= WORK TASK =
Lines in the listing below may contain the string "inside". Say how many do, giving only the number.
** INFORMATION SUPPLIED follows **
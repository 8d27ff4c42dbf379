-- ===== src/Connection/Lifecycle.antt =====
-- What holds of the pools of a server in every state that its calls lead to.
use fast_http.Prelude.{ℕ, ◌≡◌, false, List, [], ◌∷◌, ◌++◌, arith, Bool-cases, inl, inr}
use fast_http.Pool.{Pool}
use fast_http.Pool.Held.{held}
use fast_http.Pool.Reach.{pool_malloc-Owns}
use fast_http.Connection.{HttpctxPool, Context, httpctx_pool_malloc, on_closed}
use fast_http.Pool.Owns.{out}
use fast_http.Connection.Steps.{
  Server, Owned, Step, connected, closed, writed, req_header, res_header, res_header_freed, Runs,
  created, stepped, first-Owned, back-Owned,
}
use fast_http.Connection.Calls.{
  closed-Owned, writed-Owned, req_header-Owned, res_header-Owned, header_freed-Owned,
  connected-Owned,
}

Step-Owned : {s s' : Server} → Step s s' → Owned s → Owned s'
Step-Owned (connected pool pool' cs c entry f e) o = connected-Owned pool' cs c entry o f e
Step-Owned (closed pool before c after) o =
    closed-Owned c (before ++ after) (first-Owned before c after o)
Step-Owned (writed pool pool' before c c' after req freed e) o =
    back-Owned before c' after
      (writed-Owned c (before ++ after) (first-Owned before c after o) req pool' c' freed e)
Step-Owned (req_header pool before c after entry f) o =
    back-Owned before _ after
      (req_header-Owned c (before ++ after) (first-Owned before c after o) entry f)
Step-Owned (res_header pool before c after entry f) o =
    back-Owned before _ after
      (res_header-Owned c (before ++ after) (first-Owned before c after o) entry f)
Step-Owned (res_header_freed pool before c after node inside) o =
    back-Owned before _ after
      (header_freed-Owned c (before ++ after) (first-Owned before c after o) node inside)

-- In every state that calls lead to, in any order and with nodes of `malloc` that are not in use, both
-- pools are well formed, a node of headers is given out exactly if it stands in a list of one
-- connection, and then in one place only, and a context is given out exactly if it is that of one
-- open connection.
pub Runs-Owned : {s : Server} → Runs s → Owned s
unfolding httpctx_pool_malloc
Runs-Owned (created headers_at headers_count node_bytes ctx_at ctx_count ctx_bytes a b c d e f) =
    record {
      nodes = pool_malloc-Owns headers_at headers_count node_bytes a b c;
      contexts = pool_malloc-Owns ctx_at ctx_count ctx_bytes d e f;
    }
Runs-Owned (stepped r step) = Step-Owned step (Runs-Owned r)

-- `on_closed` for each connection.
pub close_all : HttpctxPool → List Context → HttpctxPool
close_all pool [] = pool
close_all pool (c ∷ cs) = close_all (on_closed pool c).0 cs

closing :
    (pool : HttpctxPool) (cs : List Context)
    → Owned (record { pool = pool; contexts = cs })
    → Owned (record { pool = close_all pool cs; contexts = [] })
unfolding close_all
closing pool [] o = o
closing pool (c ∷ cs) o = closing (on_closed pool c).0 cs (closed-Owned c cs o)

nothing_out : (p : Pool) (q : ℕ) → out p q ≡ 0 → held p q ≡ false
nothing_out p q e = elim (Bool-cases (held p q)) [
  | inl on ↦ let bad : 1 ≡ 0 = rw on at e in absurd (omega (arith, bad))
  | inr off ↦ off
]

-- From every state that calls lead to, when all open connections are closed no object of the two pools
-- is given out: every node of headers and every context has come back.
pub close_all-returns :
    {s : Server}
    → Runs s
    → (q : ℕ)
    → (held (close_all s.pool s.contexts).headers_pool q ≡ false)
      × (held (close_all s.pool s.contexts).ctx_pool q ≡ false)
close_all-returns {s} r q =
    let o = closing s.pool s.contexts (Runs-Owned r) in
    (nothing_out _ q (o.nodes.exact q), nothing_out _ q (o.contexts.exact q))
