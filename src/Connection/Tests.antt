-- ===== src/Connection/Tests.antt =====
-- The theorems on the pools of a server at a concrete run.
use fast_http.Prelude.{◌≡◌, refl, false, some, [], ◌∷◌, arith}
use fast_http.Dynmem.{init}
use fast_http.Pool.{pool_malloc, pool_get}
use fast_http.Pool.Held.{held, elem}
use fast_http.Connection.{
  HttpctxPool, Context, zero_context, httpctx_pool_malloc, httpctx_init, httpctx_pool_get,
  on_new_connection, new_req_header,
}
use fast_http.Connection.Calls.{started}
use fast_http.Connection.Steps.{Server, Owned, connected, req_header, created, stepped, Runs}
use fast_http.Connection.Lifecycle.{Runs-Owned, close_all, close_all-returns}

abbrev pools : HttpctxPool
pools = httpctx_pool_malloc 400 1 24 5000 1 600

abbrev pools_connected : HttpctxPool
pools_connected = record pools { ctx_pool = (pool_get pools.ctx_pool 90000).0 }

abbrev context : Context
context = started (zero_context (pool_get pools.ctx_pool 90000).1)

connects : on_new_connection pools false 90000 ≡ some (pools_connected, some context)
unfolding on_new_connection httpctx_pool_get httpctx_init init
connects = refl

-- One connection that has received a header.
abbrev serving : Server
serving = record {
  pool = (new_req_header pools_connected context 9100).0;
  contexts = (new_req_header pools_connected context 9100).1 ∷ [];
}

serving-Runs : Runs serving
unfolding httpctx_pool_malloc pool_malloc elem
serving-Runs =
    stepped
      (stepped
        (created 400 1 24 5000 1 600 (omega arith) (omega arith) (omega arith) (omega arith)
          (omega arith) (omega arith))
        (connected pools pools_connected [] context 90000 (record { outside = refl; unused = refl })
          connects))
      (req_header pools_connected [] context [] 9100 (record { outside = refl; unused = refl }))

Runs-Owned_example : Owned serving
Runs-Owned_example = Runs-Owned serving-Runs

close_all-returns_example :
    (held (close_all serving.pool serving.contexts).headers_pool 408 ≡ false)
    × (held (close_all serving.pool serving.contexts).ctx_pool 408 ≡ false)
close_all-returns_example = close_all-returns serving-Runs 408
** End of INFORMATION SUPPLIED **
= TASK RESULT =
2